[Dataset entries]
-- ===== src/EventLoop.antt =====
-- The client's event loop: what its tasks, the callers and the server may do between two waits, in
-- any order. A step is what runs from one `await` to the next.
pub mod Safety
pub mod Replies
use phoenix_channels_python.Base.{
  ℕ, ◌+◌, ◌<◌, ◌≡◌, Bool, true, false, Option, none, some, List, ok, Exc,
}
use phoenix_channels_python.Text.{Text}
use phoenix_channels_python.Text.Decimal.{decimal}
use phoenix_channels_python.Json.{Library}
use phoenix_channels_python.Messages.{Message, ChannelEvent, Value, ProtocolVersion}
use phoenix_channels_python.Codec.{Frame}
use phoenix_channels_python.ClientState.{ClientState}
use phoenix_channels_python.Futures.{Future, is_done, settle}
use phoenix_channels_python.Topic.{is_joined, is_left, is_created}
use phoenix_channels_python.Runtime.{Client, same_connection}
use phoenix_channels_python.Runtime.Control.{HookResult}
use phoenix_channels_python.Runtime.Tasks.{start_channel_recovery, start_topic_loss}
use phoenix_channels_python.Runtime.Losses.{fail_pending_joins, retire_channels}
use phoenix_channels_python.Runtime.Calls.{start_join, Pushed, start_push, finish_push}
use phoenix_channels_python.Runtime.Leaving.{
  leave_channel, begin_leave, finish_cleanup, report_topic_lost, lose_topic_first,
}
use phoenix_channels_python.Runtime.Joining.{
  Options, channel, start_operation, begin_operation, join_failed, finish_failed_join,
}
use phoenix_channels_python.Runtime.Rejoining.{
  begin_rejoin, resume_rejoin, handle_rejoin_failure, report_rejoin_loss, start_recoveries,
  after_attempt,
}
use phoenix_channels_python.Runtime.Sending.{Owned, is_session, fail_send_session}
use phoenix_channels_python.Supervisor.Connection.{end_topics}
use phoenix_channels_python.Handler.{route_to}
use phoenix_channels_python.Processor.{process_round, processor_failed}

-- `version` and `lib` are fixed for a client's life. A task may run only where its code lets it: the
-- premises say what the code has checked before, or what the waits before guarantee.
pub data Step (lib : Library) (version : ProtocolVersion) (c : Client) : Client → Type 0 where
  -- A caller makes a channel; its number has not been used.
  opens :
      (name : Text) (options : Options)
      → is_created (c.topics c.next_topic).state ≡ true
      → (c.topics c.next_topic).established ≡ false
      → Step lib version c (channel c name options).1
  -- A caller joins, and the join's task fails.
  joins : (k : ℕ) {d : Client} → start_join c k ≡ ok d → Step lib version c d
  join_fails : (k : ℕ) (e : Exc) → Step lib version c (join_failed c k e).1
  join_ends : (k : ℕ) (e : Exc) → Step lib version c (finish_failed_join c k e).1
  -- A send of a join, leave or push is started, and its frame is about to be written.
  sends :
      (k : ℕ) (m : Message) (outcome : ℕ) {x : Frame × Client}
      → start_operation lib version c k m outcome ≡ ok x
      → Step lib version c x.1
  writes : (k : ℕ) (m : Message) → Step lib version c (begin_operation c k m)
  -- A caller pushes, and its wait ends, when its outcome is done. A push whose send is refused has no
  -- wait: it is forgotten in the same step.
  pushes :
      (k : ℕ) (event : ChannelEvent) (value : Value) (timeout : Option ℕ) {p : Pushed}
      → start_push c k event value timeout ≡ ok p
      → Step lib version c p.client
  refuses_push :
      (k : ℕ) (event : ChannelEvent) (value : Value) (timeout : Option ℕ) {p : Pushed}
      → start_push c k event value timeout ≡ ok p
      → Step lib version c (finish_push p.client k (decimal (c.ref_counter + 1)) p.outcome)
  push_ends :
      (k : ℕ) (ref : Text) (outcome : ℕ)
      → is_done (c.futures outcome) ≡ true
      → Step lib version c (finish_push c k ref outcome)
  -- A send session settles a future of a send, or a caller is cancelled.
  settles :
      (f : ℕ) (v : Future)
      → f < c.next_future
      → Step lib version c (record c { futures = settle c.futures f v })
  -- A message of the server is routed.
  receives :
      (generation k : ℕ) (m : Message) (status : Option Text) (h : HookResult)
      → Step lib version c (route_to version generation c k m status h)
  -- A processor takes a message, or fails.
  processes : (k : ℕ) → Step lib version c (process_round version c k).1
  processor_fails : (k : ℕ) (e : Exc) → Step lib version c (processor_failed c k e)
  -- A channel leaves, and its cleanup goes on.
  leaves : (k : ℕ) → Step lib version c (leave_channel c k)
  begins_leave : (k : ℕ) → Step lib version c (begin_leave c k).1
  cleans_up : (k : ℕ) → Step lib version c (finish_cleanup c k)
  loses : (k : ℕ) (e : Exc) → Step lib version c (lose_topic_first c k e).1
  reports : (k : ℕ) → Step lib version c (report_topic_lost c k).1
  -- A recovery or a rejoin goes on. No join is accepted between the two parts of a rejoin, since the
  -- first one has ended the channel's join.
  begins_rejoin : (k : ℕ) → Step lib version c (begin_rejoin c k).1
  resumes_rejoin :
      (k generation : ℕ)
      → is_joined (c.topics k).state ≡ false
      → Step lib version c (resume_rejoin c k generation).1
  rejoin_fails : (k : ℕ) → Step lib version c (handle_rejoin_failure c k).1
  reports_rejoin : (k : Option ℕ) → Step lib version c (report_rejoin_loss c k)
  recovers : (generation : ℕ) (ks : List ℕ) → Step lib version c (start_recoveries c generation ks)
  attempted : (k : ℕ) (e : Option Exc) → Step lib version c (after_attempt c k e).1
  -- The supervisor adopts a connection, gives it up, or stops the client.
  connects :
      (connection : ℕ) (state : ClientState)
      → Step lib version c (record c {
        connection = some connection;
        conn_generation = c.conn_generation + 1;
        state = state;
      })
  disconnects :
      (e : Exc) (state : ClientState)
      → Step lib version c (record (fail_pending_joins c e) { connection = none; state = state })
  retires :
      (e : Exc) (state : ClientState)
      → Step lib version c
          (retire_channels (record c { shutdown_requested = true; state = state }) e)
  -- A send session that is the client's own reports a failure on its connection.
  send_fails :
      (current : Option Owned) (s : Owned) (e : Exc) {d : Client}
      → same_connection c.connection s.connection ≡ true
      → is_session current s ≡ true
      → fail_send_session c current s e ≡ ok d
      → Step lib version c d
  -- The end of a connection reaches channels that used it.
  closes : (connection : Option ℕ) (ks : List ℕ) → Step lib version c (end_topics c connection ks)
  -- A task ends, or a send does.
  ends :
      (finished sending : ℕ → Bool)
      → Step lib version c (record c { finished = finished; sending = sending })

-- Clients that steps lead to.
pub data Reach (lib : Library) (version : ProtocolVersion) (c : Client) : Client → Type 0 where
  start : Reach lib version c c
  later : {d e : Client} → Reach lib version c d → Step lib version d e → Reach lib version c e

## Instructions for the task
Where a line in the records above includes the string "some", show it.

## Answer below
  ℕ, ◌+◌, ◌<◌, ◌≡◌, Bool, true, false, Option, none, some, List, ok, Exc,
        connection = some connection;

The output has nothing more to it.